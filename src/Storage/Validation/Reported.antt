-- ===== src/Storage/Validation/Reported.antt =====
-- The loop over the references of a manifest, for any of the checks: when it passes, and which
-- digests it reports.
use container_registry.Prelude.{
  ℕ, ◌==◌, nat_eq, nat_beq_iff, Bool, true, List, ◌∷◌, [], ◌++◌, Option, some, none, ◌≡◌, ◌≢◌, ◌↔◌,
  ◌⊎◌, inl, inr, refl, All, In, here, there, In-append_left, In-append_right, Bool-cases,
}
use container_registry.Offline.Tags.{Digest}
use container_registry.Storage.Stores.{
  driver_error, invalid_digest, repository_unknown, tag_unknown, blob_unknown, unsupported,
  over_limit,
}
use container_registry.Storage.Validation.{
  unrecognized_version, Reference, ReferenceError, store_error, missing_url, invalid_url,
  manifest_blob_unknown, unverified, report, collect, errors_or_none, validate_with,
}

report-nil : (d : Digest) (e : Option ReferenceError) → (report d e ≡ []) ↔ (e ≡ none)
report-nil d none = (λ h. refl, λ h. refl)
report-nil d (some (store_error blob_unknown)) = (λ h. cc h, λ h. cc h)
report-nil d (some (store_error (driver_error x))) = (λ h. cc h, λ h. cc h)
report-nil d (some (store_error invalid_digest)) = (λ h. cc h, λ h. cc h)
report-nil d (some (store_error repository_unknown)) = (λ h. cc h, λ h. cc h)
report-nil d (some (store_error tag_unknown)) = (λ h. cc h, λ h. cc h)
report-nil d (some (store_error unsupported)) = (λ h. cc h, λ h. cc h)
report-nil d (some (store_error over_limit)) = (λ h. cc h, λ h. cc h)
report-nil d (some missing_url) = (λ h. cc h, λ h. cc h)
report-nil d (some invalid_url) = (λ h. cc h, λ h. cc h)
report-nil d (some (manifest_blob_unknown x)) = (λ h. cc h, λ h. cc h)

report-names :
    (d : Digest) (e : Option ReferenceError) → e ≢ none → In (manifest_blob_unknown d) (report d e)
report-names d none n = absurd (n refl)
report-names d (some (store_error blob_unknown)) n = here
report-names d (some (store_error (driver_error x))) n = there here
report-names d (some (store_error invalid_digest)) n = there here
report-names d (some (store_error repository_unknown)) n = there here
report-names d (some (store_error tag_unknown)) n = there here
report-names d (some (store_error unsupported)) n = there here
report-names d (some (store_error over_limit)) n = there here
report-names d (some missing_url) n = there here
report-names d (some invalid_url) n = there here
report-names d (some (manifest_blob_unknown x)) n = there here

append-nils : (xs ys : List ReferenceError) → (xs ++ ys ≡ []) ↔ ((xs ≡ []) × (ys ≡ []))
append-nils [] ys = (λ h. (refl, h), λ h. h.1)
append-nils (x ∷ xs) ys = (λ h. cc h, λ h. cc h.0)

module _ (check : Reference → Option ReferenceError) where
  collect-nil : (rs : List Reference) → (collect check rs ≡ []) ↔ All (λ r. check r ≡ none) rs
  unfolding collect
  collect-nil [] = (λ h. tt, λ h. refl)
  collect-nil (r ∷ rs) =
      let both = append-nils (report r.digest (check r)) (collect check rs) in
      let first = report-nil r.digest (check r) in
      (
        λ h. (first.0 (both.0 h).0, (collect-nil rs).0 (both.0 h).1),
        λ h. both.1 (first.1 h.0, (collect-nil rs).1 h.1),
      )

  collect-names :
      (rs : List Reference) {r : Reference}
      → In r rs
      → check r ≢ none
      → In (manifest_blob_unknown r.digest) (collect check rs)
  unfolding collect
  collect-names [] i n = elim i [ ]
  collect-names (r ∷ rs) here n =
      In-append_left (report r.digest (check r)) (collect check rs)
        (report-names r.digest (check r) n)
  collect-names (q ∷ rs) (there i) n =
      In-append_right (report q.digest (check q)) (collect check rs) (collect-names rs i n)

  errors_or_none-nil : (es : List ReferenceError) → (errors_or_none es ≡ none) ↔ (es ≡ [])
  errors_or_none-nil [] = (λ h. refl, λ h. refl)
  errors_or_none-nil (e ∷ es) = (λ h. cc h, λ h. cc h)

  -- A manifest passes where its version is 2 and the references are skipped or all pass.
  pub validate_with-none :
      (version : ℕ) (skip : Bool) (rs : List Reference)
      → (validate_with check version skip rs ≡ none)
        ↔ ((version ≡ 2) × ((skip ≡ true) ⊎ All (λ r. check r ≡ none) rs))
  unfolding validate_with
  validate_with-none version skip rs = elim (Bool-cases (version == 2)) [
    | inr e ↦ rw e (λ h. cc h, λ (is, h). cc (e, (nat_beq_iff version 2).1 is))
    | inl e ↦
        let is = (nat_beq_iff version 2).0 e in
        let nils = errors_or_none-nil (collect check rs) in
        elim (Bool-cases skip) [
          | inl skips ↦ rw (e, skips) (λ h. (is, inl refl), λ h. refl)
          | inr looks ↦
              rw (e, looks)
                (
                  λ h. (is, inr ((collect-nil rs).0 (nils.0 h))),
                  λ (same, c). elim c [
                    | inl skips ↦ cc skips
                    | inr all ↦ nils.1 ((collect-nil rs).1 all)
                  ],
                )
        ]
  ]

  -- Another version is the reason by itself.
  pub validate_with-version :
      (version : ℕ) (skip : Bool) (rs : List Reference)
      → version ≢ 2
      → validate_with check version skip rs ≡ some (unrecognized_version version)
  unfolding validate_with
  validate_with-version version skip rs n = elim (Bool-cases (version == 2)) [
    | inl e ↦ absurd (n ((nat_beq_iff version 2).0 e))
    | inr e ↦ rw e refl
  ]

  errors_or_none-errors :
      (es : List ReferenceError)
      → errors_or_none es ≢ none
      → errors_or_none es ≡ some (unverified es)
  errors_or_none-errors [] n = absurd (n refl)
  errors_or_none-errors (e ∷ es) n = refl

  -- With version 2, the references are the reason, and each that does not pass is reported by its
  -- digest.
  pub validate_with-references :
      (version : ℕ) (skip : Bool) (rs : List Reference)
      → version ≡ 2
      → validate_with check version skip rs ≢ none
      → (errors : List ReferenceError) × (validate_with check version skip rs
          ≡ some (unverified errors))
        × ((r : Reference) → In r rs → check r ≢ none → In (manifest_blob_unknown r.digest) errors)
  unfolding validate_with
  validate_with-references version skip rs is n =
      let e = (nat_beq_iff version 2).1 is in
      elim (Bool-cases skip) [
        | inl skips ↦ absurd (n (rw (e, skips) refl))
        | inr looks ↦ (
          collect check rs,
          rw (e, looks) (errors_or_none-errors (collect check rs) (rw (e, looks) at n)),
          λ r i fails. collect-names rs i fails,
        )
      ]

..........

### ABOUT THIS TASK:
Given the data above, transcribe exactly the lines from the one containing "append-nils (x ∷" down to the one containing "let both = append-nils", and no others.

### PROBLEM SOLUTION:
append-nils (x ∷ xs) ys = (λ h. cc h, λ h. cc h.0)

module _ (check : Reference → Option ReferenceError) where
  collect-nil : (rs : List Reference) → (collect check rs ≡ []) ↔ All (λ r. check r ≡ none) rs
  unfolding collect
  collect-nil [] = (λ h. tt, λ h. refl)
  collect-nil (r ∷ rs) =
      let both = append-nils (report r.digest (check r)) (collect check rs) in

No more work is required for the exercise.